Task item =
Your job is to set down the stretch of entries that opens with the line containing "begun = refl" and closes with the line containing "(l : Login)". Keep both end lines, copy each exactly, and add nothing.

Given records =

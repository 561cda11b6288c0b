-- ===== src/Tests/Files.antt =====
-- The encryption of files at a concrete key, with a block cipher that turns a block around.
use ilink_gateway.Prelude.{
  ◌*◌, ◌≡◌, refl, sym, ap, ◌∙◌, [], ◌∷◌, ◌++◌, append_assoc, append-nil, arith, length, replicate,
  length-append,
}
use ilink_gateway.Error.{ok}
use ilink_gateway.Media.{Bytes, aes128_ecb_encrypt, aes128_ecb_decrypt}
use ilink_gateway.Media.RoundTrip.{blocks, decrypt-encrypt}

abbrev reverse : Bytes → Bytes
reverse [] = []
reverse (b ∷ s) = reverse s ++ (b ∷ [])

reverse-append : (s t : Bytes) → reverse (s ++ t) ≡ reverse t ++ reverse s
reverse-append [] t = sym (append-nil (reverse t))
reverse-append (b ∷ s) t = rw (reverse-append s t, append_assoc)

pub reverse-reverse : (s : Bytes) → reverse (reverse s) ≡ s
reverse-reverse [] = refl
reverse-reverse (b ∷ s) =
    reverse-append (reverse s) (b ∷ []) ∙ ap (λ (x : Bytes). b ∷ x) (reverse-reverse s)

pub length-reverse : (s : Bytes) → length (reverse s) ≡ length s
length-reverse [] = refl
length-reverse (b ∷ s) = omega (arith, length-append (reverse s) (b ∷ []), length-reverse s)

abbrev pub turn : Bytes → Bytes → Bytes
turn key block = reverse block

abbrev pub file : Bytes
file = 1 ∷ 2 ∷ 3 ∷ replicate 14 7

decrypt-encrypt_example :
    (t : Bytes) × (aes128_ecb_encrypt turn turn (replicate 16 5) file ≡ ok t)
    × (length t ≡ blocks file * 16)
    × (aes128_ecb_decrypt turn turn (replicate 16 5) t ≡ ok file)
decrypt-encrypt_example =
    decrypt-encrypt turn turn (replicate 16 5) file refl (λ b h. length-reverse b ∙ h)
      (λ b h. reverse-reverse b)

==

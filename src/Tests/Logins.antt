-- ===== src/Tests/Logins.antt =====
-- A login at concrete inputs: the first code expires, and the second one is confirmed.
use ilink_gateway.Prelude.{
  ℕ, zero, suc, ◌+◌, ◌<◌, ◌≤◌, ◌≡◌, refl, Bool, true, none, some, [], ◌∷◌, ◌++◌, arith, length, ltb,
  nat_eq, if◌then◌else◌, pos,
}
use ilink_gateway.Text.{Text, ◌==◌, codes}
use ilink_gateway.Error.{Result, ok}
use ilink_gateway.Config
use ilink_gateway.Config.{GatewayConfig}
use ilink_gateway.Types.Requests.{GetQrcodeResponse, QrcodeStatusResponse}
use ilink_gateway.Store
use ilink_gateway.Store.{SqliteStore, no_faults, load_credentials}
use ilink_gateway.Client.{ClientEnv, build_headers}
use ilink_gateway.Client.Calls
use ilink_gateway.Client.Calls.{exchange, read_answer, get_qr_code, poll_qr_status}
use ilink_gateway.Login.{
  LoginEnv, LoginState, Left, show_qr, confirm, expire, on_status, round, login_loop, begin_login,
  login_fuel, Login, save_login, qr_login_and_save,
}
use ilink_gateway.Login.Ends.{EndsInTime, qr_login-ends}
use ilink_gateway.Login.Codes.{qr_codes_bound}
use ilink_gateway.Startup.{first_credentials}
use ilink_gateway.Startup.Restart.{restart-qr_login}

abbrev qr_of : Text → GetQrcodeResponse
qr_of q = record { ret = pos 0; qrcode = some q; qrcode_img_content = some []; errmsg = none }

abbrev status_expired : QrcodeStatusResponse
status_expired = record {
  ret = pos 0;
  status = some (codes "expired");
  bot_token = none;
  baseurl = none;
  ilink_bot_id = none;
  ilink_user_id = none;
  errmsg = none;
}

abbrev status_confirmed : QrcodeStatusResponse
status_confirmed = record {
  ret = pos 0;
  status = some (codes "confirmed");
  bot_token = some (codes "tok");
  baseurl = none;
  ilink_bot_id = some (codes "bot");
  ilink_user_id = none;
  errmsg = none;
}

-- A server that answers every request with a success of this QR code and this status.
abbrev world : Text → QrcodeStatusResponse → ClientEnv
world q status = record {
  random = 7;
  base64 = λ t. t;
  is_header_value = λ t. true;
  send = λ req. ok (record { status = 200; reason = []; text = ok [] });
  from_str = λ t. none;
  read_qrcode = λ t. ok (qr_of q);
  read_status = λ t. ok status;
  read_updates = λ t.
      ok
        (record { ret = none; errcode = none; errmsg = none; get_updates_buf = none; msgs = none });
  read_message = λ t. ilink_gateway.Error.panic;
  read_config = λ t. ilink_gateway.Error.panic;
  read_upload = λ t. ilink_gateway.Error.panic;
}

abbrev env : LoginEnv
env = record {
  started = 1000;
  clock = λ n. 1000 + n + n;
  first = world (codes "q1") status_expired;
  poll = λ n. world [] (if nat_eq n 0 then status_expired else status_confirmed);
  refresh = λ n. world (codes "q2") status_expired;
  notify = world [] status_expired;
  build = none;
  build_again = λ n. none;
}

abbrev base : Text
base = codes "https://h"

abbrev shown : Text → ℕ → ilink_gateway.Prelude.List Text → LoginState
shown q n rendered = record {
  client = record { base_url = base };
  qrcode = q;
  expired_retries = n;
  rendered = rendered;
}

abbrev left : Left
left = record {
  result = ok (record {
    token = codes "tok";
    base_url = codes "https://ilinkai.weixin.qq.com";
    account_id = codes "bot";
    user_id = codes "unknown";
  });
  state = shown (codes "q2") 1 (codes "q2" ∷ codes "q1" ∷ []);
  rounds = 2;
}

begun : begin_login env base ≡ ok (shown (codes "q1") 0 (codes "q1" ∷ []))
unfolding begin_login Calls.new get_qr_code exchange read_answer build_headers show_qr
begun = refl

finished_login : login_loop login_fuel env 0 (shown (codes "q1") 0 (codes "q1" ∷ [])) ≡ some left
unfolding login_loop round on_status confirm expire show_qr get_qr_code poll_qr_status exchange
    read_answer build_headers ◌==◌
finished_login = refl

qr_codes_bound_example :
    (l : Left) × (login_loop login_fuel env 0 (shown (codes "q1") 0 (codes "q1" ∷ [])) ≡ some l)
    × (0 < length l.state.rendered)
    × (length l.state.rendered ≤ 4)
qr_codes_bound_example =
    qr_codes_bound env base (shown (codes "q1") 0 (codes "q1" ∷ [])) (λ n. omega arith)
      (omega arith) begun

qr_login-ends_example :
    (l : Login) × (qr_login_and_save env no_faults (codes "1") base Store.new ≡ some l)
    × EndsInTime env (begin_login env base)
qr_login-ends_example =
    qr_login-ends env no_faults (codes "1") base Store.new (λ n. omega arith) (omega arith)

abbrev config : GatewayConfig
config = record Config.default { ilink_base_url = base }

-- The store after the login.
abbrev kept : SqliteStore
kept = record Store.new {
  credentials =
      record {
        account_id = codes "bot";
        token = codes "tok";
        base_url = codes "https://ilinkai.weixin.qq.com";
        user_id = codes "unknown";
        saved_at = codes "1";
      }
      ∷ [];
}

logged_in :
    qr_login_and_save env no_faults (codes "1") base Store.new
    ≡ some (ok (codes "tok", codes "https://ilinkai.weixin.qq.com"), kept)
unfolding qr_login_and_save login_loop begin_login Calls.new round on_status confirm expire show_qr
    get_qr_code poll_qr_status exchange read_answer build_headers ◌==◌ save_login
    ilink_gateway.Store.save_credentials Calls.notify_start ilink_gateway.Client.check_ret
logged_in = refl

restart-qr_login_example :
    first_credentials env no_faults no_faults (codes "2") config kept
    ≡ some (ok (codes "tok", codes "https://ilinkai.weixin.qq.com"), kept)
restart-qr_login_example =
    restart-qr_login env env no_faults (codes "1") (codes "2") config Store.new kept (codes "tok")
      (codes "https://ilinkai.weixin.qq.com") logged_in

---

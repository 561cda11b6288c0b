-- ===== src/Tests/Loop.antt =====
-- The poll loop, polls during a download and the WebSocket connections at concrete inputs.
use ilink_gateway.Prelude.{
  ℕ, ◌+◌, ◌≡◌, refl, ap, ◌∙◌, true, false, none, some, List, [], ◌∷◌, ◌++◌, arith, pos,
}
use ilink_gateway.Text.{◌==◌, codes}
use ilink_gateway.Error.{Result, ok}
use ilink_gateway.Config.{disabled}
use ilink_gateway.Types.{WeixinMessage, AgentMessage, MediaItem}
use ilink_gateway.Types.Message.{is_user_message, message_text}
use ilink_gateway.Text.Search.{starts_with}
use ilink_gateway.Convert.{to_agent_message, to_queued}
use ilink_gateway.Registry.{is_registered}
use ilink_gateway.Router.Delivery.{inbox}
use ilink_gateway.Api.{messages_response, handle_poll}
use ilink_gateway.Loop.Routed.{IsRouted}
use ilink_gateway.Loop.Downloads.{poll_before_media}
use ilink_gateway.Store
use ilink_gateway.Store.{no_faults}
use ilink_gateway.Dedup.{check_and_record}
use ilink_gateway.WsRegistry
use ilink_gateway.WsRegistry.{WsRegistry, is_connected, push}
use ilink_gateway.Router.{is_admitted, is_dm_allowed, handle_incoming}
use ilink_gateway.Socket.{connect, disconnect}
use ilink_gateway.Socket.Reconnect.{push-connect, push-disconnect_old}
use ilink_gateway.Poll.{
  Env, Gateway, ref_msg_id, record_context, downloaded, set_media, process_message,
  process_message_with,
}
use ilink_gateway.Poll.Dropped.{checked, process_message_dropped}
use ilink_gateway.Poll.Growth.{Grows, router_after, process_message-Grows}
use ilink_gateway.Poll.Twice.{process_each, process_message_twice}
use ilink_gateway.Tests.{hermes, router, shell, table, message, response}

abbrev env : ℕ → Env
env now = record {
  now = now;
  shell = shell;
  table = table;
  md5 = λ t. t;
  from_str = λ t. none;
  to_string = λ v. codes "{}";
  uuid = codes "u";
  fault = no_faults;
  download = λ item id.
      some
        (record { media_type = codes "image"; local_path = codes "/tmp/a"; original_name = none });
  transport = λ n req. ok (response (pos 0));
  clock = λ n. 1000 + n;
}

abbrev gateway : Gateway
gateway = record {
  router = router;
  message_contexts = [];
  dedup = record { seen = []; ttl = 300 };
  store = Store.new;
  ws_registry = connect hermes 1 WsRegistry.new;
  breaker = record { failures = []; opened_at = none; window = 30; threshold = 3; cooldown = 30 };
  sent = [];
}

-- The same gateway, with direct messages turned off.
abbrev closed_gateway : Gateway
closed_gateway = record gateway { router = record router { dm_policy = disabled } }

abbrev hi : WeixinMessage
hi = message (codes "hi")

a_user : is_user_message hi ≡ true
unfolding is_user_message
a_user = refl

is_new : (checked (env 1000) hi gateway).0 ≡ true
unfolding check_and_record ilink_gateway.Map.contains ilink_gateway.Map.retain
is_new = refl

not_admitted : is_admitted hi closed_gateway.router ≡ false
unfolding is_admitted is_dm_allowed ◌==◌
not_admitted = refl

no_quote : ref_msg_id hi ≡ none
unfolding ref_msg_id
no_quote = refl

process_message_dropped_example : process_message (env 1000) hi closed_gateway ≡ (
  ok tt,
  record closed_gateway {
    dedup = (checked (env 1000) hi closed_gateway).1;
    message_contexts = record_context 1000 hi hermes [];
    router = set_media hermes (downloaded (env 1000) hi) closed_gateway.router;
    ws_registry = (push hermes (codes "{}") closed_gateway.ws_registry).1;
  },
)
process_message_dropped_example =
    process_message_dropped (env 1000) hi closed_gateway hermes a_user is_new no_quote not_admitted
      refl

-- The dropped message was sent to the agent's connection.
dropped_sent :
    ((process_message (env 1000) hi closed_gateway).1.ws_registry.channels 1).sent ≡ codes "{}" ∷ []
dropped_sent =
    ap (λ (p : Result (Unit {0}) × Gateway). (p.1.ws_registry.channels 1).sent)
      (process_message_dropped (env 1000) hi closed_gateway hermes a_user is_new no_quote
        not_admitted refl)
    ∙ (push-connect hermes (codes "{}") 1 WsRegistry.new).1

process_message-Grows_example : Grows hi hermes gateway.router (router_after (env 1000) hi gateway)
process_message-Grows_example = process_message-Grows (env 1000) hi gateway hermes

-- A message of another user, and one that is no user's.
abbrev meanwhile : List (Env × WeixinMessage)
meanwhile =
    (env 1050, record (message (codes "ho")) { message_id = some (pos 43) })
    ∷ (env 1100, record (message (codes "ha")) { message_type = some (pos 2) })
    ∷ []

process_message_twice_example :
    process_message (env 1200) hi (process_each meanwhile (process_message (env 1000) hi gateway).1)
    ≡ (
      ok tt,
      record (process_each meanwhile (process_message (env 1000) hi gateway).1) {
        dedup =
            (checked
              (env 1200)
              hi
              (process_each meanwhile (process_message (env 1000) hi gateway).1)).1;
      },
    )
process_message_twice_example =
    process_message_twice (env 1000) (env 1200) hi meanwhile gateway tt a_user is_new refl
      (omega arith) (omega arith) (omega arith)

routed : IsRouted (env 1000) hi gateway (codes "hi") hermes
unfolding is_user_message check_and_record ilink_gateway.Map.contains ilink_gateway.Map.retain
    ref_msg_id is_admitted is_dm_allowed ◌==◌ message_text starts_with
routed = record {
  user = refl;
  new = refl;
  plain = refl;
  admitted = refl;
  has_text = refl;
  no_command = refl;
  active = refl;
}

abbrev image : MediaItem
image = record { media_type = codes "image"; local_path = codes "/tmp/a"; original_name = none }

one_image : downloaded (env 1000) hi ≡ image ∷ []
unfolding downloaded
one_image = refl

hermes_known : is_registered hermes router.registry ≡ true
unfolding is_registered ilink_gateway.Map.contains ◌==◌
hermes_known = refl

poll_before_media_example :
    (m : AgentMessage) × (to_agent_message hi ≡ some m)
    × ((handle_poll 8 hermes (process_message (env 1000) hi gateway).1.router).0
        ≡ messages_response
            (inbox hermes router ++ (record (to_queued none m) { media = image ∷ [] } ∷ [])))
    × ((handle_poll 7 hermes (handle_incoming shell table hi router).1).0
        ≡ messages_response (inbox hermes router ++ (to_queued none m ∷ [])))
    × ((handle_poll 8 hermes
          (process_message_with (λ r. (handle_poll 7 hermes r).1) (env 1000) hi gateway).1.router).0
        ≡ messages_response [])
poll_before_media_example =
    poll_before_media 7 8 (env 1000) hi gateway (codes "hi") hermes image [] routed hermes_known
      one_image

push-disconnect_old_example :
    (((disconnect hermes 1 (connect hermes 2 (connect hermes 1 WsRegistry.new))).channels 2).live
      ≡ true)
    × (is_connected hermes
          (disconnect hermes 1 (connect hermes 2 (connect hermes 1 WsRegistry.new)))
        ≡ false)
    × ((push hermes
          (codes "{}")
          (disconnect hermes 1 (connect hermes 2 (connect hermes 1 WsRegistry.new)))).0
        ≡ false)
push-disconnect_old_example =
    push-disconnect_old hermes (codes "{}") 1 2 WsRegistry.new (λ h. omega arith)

Task answer =
begun = refl

finished_login : login_loop login_fuel env 0 (shown (codes "q1") 0 (codes "q1" ∷ [])) ≡ some left
unfolding login_loop round on_status confirm expire show_qr get_qr_code poll_qr_status exchange
    read_answer build_headers ◌==◌
finished_login = refl

qr_codes_bound_example :
    (l : Left) × (login_loop login_fuel env 0 (shown (codes "q1") 0 (codes "q1" ∷ [])) ≡ some l)
    × (0 < length l.state.rendered)
    × (length l.state.rendered ≤ 4)
qr_codes_bound_example =
    qr_codes_bound env base (shown (codes "q1") 0 (codes "q1" ∷ [])) (λ n. omega arith)
      (omega arith) begun

qr_login-ends_example :
    (l : Login) × (qr_login_and_save env no_faults (codes "1") base Store.new ≡ some l)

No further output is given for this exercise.